3.3. Binomial Tail calculation techniques

How quickly can we calculate the binomial coefficient, $\left(\genfrac{}{}{0.0pt}{}{m}{k}\right)$? This question is important to answer because we will apply the bounds derived later to real problems, and this application will require calculation of Binomial coefficients and Binomial tails.

The answer is: not very fast. It is an open problem to calculate $\left(\genfrac{}{}{0.0pt}{}{m}{k}\right)$ in time not exponential in $logm$ and $logk$ (the representation length of $m$ and $k$). In general, this problem is intractable. For example, we note that $$\left(\genfrac{}{}{0.0pt}{}{m}{\frac{m}{2}}\right)\simeq \frac{2^m}{\sqrt{m}}$$ which has an asymptotic representation length of $O\left(m\right)$. Since it takes $O\left(m\right)$ time to write the answer, we can not hope to compute the answer in less than $O\left(m\right)$ time. The problem is more difficult than this though - even calculating the most significant bits of the appears to take $O\left(m\right)$ time.

Our real goal is not merely calculating binomial coefficients but rather calculating the probability of a tail, $\text{Bin}\left(m,k,p\right)$. How can we calculate the tail probability quickly? For all approaches, it is necessary to calculate $log\text{Bin}\left(m,k,p\right)$ rather than $\text{Bin}\left(m,k,p\right)$ to avoid underflow issues. This is generally possible because we can calculate $log\left(a+b\right)$ given $log\left(a\right)$ and $log\left(b\right)$ without losing precision.
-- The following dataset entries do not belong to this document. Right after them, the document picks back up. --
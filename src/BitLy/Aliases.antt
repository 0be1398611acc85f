-- ===== src/BitLy/Aliases.antt =====
-- shorteners/bit-ly/alias.go: the known aliases of bit.ly.
use urlhero.Common.{List, [], ◌∷◌, Bool, true, ◌&&◌, ◌≡◌, refl, Bytes, codes, str_lt}

unfoldable aliases : List Bytes
aliases =
    codes "0-60.in"
    ∷ codes "030mag.de"
    ∷ codes "1.azdhs.gov"
    ∷ codes "20ss.nyc"
    ∷ codes "360myte.ch"
    ∷ codes "4sq.com"
    ∷ codes "511t.ac"
    ∷ codes "6.wate.com"
    ∷ codes "7gee.se"
    ∷ codes "8legs.co"
    ∷ codes "9l7gf7x5o9v.xyz"
    ∷ codes "abcn.ws"
    ∷ codes "accntu.re"
    ∷ codes "actf.tv"
    ∷ codes "adobe.ly"
    ∷ codes "adweek.it"
    ∷ codes "amzn.to"
    ∷ codes "apple.co"
    ∷ codes "arfo.sk"
    ∷ codes "audi.us"
    ∷ codes "autism.link"
    ∷ codes "azc.cc"
    ∷ codes "bbc.in"
    ∷ codes "beta.works"
    ∷ codes "binged.it"
    ∷ codes "bitly.is"
    ∷ codes "blizz.ly"
    ∷ codes "bloom.bg"
    ∷ codes "bo.st"
    ∷ codes "bravo.ly"
    ∷ codes "bzfd.it"
    ∷ codes "canva.link"
    ∷ codes "cb.com"
    ∷ codes "chfstps.co"
    ∷ codes "chzb.gr"
    ∷ codes "cnet.co"
    ∷ codes "cnnmon.ie"
    ∷ codes "comca.st"
    ∷ codes "conta.cc"
    ∷ codes "crks.me"
    ∷ codes "d-mk.co"
    ∷ codes "don8blood.com"
    ∷ codes "econ.st"
    ∷ codes "engri.sh"
    ∷ codes "eonli.ne"
    ∷ codes "es.pn"
    ∷ codes "fltsim.me"
    ∷ codes "fxn.ws"
    ∷ codes "got.cr"
    ∷ codes "hrkey.co"
    ∷ codes "hub.am"
    ∷ codes "huff.to"
    ∷ codes "idle-empi.re"
    ∷ codes "ift.tt"
    ∷ codes "imdb.to"
    ∷ codes "kck.st"
    ∷ codes "kore.us"
    ∷ codes "krg.bz"
    ∷ codes "lat.ms"
    ∷ codes "laurc.ro"
    ∷ codes "lemde.fr"
    ∷ codes "lft.to"
    ∷ codes "m.ttmask.com"
    ∷ codes "marsdd.it"
    ∷ codes "mbist.ro"
    ∷ codes "mojo.ly"
    ∷ codes "mttr.io"
    ∷ codes "nydn.us"
    ∷ codes "nyti.ms"
    ∷ codes "oculta.bit.ly"
    ∷ codes "on.fb.me"
    ∷ codes "on.natgeo.com"
    ∷ codes "red.ht"
    ∷ codes "reut.rs"
    ∷ codes "sdut.us"
    ∷ codes "snd.sc"
    ∷ codes "spoti.fi"
    ∷ codes "stanford.io"
    ∷ codes "tcrn.ch"
    ∷ codes "ti.me"
    ∷ codes "usat.ly"
    ∷ codes "wapo.st"
    ∷ codes "wgrd.tech"
    ∷ codes "wttw.me"
    ∷ codes "xar.ph"
    ∷ codes "yhoo.it"
    ∷ []

-- each before the next in the order of strings
unfoldable ascending_from : Bytes → List Bytes → Bool
unfolding str_lt
ascending_from s [] = true
ascending_from s (t ∷ ts) = str_lt s t && ascending_from t ts

-- The aliases are in order and none is there twice.
aliases_ascending : ascending_from [] aliases ≡ true
unfolding aliases ascending_from
aliases_ascending = refl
There are several possible approaches of increasing sophistication:

1. Calculate $\left(\genfrac{}{}{0.0pt}{}{m}{i}\right)$ independently from $i=0$ to $i=k$ and use the results to calculate the sum, ${\sum }_{i=0}^k\left(\genfrac{}{}{0.0pt}{}{m}{i}\right)p^i{\left(1-p\right)}^{m-i}$.
2. Calculate Pascal’s triangle and extract the Binomial coefficients.
3. Use the fact that $$\left(\genfrac{}{}{0.0pt}{}{m}{i+1}\right)=\frac{m!}{\left(m-i-1\right)!\left(i+1\right)!}$$ $$=\frac{m-i}{i+1}\frac{m!}{\left(m-i\right)!i!}=\frac{m-i}{i+1}\left(\begin{array}{c}\hfill m\hfill \\ \hfill i\hfill \end{array}\right)$$
4. Calculate $\left(\genfrac{}{}{0.0pt}{}{m}{k}\right)$ directly and then $\left(\genfrac{}{}{0.0pt}{}{m}{i-1}\right)$ given $\left(\genfrac{}{}{0.0pt}{}{m}{i}\right)$ until the added quantity falls below the machine precision.

Approaches (1) and (2) both require $O\left(m^2\right)$ work while approaches (3) and (4) require merely $O\left(m\right)$ work. We will use approach (4) here. Yet, as noted in the beginning of this section, $O\left(m\right)$ is still sometimes too expensive for us. Luckily, there exist some quick approximations which can reduce the computation to constant time (or $O\left(logm\right)$ time depending on your computational model).